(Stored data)

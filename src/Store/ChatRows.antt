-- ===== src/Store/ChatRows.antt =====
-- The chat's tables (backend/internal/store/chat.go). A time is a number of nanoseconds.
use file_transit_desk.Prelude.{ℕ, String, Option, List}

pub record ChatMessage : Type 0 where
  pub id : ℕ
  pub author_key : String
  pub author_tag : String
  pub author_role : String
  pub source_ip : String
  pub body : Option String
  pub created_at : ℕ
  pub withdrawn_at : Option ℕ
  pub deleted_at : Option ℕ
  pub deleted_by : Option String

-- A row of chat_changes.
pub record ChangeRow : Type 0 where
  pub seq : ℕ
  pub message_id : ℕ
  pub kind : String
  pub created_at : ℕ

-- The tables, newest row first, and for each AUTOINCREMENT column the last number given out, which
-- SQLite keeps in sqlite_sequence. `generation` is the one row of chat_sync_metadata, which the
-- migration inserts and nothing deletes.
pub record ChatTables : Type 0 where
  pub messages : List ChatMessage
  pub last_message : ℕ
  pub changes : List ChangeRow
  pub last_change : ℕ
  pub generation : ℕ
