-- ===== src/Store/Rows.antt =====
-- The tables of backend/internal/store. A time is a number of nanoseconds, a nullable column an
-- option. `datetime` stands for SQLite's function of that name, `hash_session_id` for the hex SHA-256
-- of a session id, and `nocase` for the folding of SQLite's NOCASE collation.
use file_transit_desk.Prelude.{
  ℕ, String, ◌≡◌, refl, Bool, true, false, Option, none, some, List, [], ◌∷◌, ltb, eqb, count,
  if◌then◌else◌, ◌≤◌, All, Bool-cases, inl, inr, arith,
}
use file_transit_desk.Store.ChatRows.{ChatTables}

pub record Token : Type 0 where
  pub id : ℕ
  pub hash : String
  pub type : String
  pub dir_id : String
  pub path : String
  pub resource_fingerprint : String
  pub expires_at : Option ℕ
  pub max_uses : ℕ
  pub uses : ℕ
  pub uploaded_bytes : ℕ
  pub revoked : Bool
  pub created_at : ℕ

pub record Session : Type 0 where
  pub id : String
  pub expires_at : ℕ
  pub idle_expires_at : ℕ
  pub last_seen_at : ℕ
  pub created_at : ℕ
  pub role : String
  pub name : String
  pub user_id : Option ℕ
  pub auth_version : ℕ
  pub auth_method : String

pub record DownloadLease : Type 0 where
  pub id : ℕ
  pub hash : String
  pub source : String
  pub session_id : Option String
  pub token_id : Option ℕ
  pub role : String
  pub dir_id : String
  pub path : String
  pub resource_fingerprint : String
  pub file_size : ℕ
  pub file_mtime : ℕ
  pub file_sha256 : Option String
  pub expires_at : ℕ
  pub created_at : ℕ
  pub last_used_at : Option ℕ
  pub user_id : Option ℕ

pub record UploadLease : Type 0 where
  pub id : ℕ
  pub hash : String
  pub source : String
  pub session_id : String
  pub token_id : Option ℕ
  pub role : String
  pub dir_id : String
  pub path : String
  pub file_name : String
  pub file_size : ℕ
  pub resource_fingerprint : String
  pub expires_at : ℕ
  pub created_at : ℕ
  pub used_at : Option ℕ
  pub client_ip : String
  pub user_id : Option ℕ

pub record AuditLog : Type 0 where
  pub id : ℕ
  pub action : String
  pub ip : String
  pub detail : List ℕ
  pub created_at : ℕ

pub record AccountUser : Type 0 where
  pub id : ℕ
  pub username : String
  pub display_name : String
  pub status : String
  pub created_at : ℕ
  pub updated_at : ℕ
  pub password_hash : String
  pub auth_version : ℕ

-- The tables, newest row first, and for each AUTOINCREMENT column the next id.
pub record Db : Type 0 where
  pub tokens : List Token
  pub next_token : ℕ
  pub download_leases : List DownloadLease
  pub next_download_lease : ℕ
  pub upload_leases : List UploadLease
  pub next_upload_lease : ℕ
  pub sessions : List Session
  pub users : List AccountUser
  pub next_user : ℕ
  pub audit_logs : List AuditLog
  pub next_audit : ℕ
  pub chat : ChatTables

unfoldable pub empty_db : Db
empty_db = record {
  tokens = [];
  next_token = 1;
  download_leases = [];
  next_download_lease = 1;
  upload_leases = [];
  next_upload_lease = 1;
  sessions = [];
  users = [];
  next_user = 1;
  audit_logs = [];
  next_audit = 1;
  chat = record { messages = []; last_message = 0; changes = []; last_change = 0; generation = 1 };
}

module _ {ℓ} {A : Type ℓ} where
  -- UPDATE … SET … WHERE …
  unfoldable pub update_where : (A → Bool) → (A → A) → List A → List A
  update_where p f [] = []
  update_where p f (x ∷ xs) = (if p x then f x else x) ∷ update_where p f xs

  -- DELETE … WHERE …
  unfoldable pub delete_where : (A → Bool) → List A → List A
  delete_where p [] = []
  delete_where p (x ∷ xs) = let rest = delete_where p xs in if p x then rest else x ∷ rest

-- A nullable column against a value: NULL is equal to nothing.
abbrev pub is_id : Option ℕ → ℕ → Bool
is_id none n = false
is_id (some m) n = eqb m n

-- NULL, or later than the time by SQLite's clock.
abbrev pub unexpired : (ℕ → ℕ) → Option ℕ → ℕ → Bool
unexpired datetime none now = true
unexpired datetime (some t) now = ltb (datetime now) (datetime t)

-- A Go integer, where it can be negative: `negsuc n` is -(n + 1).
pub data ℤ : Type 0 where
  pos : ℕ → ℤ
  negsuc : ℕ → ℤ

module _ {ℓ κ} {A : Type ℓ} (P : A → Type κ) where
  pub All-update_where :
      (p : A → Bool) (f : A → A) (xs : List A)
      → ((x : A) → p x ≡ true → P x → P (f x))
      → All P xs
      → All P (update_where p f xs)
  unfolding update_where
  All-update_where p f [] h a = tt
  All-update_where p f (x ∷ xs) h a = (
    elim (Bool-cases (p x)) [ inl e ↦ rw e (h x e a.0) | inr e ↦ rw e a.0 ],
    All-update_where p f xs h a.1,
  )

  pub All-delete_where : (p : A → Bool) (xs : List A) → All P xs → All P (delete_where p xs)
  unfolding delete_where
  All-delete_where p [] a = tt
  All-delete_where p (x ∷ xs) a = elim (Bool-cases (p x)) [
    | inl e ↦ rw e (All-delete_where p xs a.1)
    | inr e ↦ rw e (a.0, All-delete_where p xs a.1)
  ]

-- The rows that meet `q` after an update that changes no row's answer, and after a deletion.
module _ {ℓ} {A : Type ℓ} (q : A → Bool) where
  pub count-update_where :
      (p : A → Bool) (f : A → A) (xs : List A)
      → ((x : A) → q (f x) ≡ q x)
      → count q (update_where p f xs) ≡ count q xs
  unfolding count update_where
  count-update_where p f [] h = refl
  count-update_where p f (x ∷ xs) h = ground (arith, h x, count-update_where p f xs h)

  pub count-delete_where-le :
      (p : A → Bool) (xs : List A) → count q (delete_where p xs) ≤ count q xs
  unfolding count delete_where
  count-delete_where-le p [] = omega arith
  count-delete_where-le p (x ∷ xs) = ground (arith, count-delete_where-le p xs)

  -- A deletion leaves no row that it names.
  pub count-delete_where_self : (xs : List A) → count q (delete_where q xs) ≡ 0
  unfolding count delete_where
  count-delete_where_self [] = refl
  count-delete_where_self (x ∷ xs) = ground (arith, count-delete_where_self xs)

Exercise. Extract every line above containing the word "else".

Answer box.
  if◌then◌else◌, ◌≤◌, All, Bool-cases, inl, inr, arith,
  update_where p f (x ∷ xs) = (if p x then f x else x) ∷ update_where p f xs
  delete_where p (x ∷ xs) = let rest = delete_where p xs in if p x then rest else x ∷ rest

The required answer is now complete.